The second frame groups various settings concerning how and which annotations can be created and displayed as well as encoding options. For a basic installation, only the third and fourth option is important set appropriately:

  • Place groups You may select one or more groups that represent places IB Image and that at least for some instances provide coordinate information for geo-referencing (see the resp. fields of the Vocabulary Control module). When hovering over annotations belonging to that groups, the infobox will show up with a map showing the place according to the coordinate information.
  • Input format This is the Drupal Input format that the semenatic editor uses. If the pre-configuration during the module installation ran correctly, you should not need to alter this.
  • Show triples before store When saving a text a table of all triples extracted from the text's annotations will be displayed together with the possibility to not store the extracted triples. Normally, this is useful for debugging purposes and may be disabled on production sites.

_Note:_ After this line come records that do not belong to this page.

-- ===== src/Wgtun/Routes.antt =====
-- `UpdateRoutes` of pkg/wgtun/wgtun.go over what a platform does with one route, and the WireGuard
-- settings that it sends.
pub mod Entries
pub mod Update
pub mod Installed
pub mod Stale
use claimward_vpn_client.Common.{
  ℕ, ◌+++◌, str_eq, hex_bytes, String, List, [], ◌∷◌, Option, none, some, Bool, true, false, ◌||◌,
  if◌then◌else◌,
}
use claimward_vpn_client.Errors.{Error, wrapped}
use claimward_vpn_client.Wire.{TunnelConfig}
use claimward_vpn_client.Wgtun.Addresses.{Prefix}

-- The routes that go to the interface.
abbrev pub Table : Type 0
Table = Prefix → Bool

pub record Changed : Type 0 where
  pub table : Table
  pub error : Option Error

-- `routeAdd` and `routeDel` of one platform, for one interface.
pub record Platform : Type 0 where
  pub route_add : Table → String → Changed
  pub route_del : Table → String → Table

-- `Tunnel`, with the interface's routes and the settings that its device took, newest first.
pub record Tunnel : Type 0 where
  pub cfg : TunnelConfig
  pub table : Table
  pub settings : List String

pub record Outcome : Type 0 where
  pub tunnel : Tunnel
  pub error : Option Error

-- The loop that writes the allowed addresses.
unfoldable pub allowed_lines : List String → String
allowed_lines [] = ""
allowed_lines (a ∷ rest) = "allowed_ip=" +++ a +++ "\n" +++ allowed_lines rest

unfoldable pub update_text : TunnelConfig → List String → String
update_text cfg ips =
    "public_key="
    +++ hex_bytes cfg.server_public_key
    +++ "\n"
    +++ "replace_allowed_ips=true\n"
    +++ allowed_lines ips

-- Whether a set of entries, a map to `true` in the source, has one.
unfoldable pub has : List String → String → Bool
has [] a = false
has (s ∷ ss) a = str_eq a s || has ss a

-- The loop over the old entries.
unfoldable pub del_unwanted : Platform → List String → Table → List String → Table
unfolding has
del_unwanted pf want t [] = t
del_unwanted pf want t (a ∷ rest) =
    del_unwanted pf want (if has want a then t else pf.route_del t a) rest

-- The loop over the new entries, which ends at the first error.
unfoldable pub add_new : Platform → List String → Table → List String → Changed
unfolding has
add_new pf old t [] = record { table = t; error = none }
add_new pf old t (a ∷ rest) = elim (has old a) [
  | true ↦ add_new pf old t rest
  | false ↦ elim (pf.route_add t a).error [
    | none ↦ add_new pf old (pf.route_add t a).table rest
    | some e ↦ pf.route_add t a
  ]
]

abbrev pub set_allowed : TunnelConfig → List String → TunnelConfig
set_allowed cfg ips = record cfg { allowed_ips = ips }

-- The configuration names the new entries only where every route was added.
abbrev pub routes_added : Tunnel → List String → Changed → Outcome
routes_added t ips c = record {
  tunnel = record t {
    table = c.table;
    cfg = elim c.error [ none ↦ set_allowed t.cfg ips | some e ↦ t.cfg ];
  };
  error = c.error;
}

-- What `UpdateRoutes` uses: the device, which takes settings or refuses them, the order in which a
-- map's keys come, and the platform.
pub record Device : Type 0 where
  pub ipc_set : String → Option Error
  pub keys : List String → List String
  pub platform : Platform

abbrev pub taken : Device → Tunnel → List String → Option Error → Outcome
taken d t ips (some e) = record { tunnel = t; error = some (wrapped "update allowed ips" e) }
taken d t ips none =
    let old = t.cfg.allowed_ips in
    let cleared = del_unwanted d.platform ips t.table (d.keys old) in
    routes_added (record t { settings = update_text t.cfg ips ∷ t.settings }) ips
      (add_new d.platform old cleared ips)

-- `UpdateRoutes`.
unfoldable pub update_routes : Device → Tunnel → List String → Outcome
update_routes d t ips = taken d t ips (d.ipc_set (update_text t.cfg ips))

  • Groups of which instances may be created Like form-based input, the editor let's you distinguish between closed and open groups, .i.e groups that have a fixed/defined set of instances (e.g. gender, departments, ...) and groups of which the user may create new instances. In this field you should select the groups that are considered open. The editor will always provide the possibility to create a new instance of these groups by displaying a menu item on the side menu, marked with an asterisk (*). In order to correctly create triples for such groups, a vocabulary for that group backed on the local data must be defined.
  • Encode entities also in RDFa WissKI uses an HTML class-based approach to store the annotations in the text. Enabling this option will also include RDFa attributes in the text for refering to the mentioned objects/entities. This allows RDFa parsers and harvesters to read the annotations inluded in the text.